How to complete this task: How many lines in the entries below contain "which"? Answer with the number only.
□ □ □ □
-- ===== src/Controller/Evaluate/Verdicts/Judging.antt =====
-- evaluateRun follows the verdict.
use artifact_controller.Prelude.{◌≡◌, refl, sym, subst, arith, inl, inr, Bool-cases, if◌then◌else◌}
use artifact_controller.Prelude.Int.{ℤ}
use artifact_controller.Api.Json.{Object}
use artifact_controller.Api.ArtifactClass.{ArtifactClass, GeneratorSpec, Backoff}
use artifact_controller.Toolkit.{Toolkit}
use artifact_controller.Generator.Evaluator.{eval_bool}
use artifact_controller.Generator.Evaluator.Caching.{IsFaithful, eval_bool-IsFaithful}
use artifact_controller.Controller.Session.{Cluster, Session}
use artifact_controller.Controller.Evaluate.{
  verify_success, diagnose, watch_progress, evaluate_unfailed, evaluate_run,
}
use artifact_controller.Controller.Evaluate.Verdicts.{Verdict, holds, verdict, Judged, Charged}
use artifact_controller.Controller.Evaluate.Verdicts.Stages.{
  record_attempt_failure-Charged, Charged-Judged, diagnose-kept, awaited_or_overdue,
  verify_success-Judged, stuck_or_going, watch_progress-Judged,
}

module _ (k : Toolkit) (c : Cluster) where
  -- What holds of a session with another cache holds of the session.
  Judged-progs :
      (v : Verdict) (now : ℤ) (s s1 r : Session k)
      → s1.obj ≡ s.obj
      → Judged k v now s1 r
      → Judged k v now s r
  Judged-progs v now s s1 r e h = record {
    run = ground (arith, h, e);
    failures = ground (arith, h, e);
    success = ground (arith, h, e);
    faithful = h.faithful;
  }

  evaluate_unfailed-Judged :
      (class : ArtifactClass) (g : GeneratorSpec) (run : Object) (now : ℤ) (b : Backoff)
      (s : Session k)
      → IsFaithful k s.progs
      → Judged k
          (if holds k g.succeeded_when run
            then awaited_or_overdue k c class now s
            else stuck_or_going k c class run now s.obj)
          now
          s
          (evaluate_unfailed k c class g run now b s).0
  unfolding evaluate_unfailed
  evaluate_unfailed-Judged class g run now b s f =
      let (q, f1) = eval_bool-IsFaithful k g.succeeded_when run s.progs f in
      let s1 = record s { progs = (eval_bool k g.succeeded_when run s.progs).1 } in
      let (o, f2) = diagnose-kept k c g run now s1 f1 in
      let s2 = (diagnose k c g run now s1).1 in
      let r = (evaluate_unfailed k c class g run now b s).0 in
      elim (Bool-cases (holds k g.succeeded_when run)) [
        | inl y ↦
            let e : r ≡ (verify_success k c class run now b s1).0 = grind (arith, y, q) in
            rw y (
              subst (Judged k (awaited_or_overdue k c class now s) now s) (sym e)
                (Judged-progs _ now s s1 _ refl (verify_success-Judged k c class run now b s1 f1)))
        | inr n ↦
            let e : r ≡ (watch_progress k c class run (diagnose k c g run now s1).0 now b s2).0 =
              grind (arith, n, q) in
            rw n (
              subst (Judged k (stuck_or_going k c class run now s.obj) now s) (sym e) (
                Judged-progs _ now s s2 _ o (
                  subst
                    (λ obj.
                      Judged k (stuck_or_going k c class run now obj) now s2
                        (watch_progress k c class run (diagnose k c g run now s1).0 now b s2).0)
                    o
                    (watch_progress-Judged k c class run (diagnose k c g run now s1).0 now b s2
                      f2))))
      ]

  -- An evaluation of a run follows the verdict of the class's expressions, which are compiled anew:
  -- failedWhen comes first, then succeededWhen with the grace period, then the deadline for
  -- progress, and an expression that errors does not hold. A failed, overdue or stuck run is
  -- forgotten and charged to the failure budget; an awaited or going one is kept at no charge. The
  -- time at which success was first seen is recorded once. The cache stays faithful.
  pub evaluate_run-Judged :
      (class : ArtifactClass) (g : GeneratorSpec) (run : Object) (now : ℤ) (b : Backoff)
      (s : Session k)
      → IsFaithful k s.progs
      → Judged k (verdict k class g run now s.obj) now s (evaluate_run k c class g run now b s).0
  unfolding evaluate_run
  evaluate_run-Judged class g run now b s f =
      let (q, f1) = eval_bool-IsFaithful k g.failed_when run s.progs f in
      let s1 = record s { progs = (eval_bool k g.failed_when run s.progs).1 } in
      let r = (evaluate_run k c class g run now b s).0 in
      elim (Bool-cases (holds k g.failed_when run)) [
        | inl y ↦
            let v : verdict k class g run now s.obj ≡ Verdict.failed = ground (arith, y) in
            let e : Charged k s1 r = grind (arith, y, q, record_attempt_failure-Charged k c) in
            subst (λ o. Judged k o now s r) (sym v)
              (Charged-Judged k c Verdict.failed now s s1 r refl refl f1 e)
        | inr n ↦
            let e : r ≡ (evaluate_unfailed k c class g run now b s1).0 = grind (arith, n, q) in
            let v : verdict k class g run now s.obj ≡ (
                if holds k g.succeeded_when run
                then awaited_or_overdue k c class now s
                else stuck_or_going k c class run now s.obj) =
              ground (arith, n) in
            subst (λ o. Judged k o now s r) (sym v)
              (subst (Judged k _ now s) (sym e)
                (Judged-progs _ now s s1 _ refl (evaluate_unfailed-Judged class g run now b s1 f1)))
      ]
□ □ □ □
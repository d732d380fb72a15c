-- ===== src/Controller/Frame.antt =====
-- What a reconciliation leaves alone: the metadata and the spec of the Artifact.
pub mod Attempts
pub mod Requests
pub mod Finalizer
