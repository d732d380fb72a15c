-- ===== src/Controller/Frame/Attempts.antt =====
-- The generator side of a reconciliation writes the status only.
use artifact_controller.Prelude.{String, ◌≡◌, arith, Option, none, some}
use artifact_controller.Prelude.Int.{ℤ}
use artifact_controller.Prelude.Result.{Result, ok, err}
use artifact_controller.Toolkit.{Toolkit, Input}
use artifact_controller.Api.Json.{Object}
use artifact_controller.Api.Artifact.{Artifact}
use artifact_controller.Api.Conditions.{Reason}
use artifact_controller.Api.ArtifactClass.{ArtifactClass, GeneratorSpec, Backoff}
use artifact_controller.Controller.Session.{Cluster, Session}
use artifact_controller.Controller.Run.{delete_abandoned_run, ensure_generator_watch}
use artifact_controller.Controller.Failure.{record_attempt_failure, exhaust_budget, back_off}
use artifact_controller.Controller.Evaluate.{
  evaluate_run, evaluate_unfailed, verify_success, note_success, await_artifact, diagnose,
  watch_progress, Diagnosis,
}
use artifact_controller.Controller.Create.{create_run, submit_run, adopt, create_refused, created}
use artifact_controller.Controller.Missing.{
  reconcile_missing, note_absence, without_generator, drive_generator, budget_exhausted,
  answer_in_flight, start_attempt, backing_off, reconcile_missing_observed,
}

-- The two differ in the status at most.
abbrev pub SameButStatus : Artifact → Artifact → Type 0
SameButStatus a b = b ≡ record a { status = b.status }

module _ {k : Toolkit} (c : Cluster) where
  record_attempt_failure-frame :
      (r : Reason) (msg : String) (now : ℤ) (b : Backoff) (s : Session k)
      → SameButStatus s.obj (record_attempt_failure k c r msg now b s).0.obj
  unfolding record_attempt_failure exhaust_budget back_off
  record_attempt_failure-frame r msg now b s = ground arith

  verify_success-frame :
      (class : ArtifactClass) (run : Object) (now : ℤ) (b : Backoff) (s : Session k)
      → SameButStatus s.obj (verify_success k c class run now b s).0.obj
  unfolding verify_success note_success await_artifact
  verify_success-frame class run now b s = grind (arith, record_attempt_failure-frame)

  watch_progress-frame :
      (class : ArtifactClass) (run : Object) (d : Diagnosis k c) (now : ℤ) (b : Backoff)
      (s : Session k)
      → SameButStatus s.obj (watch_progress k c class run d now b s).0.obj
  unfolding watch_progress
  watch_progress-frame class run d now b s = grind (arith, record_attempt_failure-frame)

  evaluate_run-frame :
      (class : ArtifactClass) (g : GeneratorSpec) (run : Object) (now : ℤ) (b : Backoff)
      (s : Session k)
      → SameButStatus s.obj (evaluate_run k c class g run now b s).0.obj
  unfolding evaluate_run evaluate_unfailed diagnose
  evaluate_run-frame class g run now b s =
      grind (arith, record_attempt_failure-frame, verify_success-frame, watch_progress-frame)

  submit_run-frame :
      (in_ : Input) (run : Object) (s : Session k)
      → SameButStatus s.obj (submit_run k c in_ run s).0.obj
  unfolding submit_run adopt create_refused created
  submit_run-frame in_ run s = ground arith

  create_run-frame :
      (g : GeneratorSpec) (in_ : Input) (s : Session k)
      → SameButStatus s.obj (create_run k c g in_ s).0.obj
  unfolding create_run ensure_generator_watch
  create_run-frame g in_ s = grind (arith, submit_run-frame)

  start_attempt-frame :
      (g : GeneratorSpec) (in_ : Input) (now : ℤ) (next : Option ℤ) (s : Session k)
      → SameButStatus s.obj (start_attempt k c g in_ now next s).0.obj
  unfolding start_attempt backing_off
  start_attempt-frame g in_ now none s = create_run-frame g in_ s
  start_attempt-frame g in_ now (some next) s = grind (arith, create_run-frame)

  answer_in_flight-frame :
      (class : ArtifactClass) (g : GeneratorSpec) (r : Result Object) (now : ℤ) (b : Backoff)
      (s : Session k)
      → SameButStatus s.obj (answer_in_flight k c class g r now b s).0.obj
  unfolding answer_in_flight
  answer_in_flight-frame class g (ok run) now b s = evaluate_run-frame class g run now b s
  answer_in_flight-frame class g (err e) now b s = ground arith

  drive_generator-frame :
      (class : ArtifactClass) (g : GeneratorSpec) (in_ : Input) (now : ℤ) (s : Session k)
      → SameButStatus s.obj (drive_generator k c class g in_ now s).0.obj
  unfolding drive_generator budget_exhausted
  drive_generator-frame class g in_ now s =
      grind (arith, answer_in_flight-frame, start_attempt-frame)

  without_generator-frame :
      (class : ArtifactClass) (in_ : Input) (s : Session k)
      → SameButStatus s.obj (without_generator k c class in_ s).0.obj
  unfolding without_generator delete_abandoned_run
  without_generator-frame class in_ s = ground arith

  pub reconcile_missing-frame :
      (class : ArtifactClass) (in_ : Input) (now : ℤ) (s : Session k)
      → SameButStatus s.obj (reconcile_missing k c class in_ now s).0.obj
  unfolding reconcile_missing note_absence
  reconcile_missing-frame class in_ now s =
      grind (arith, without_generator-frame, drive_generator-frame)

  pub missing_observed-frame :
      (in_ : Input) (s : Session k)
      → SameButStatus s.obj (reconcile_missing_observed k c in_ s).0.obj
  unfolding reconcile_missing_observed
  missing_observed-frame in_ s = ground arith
□ □ □ □
Written response: 2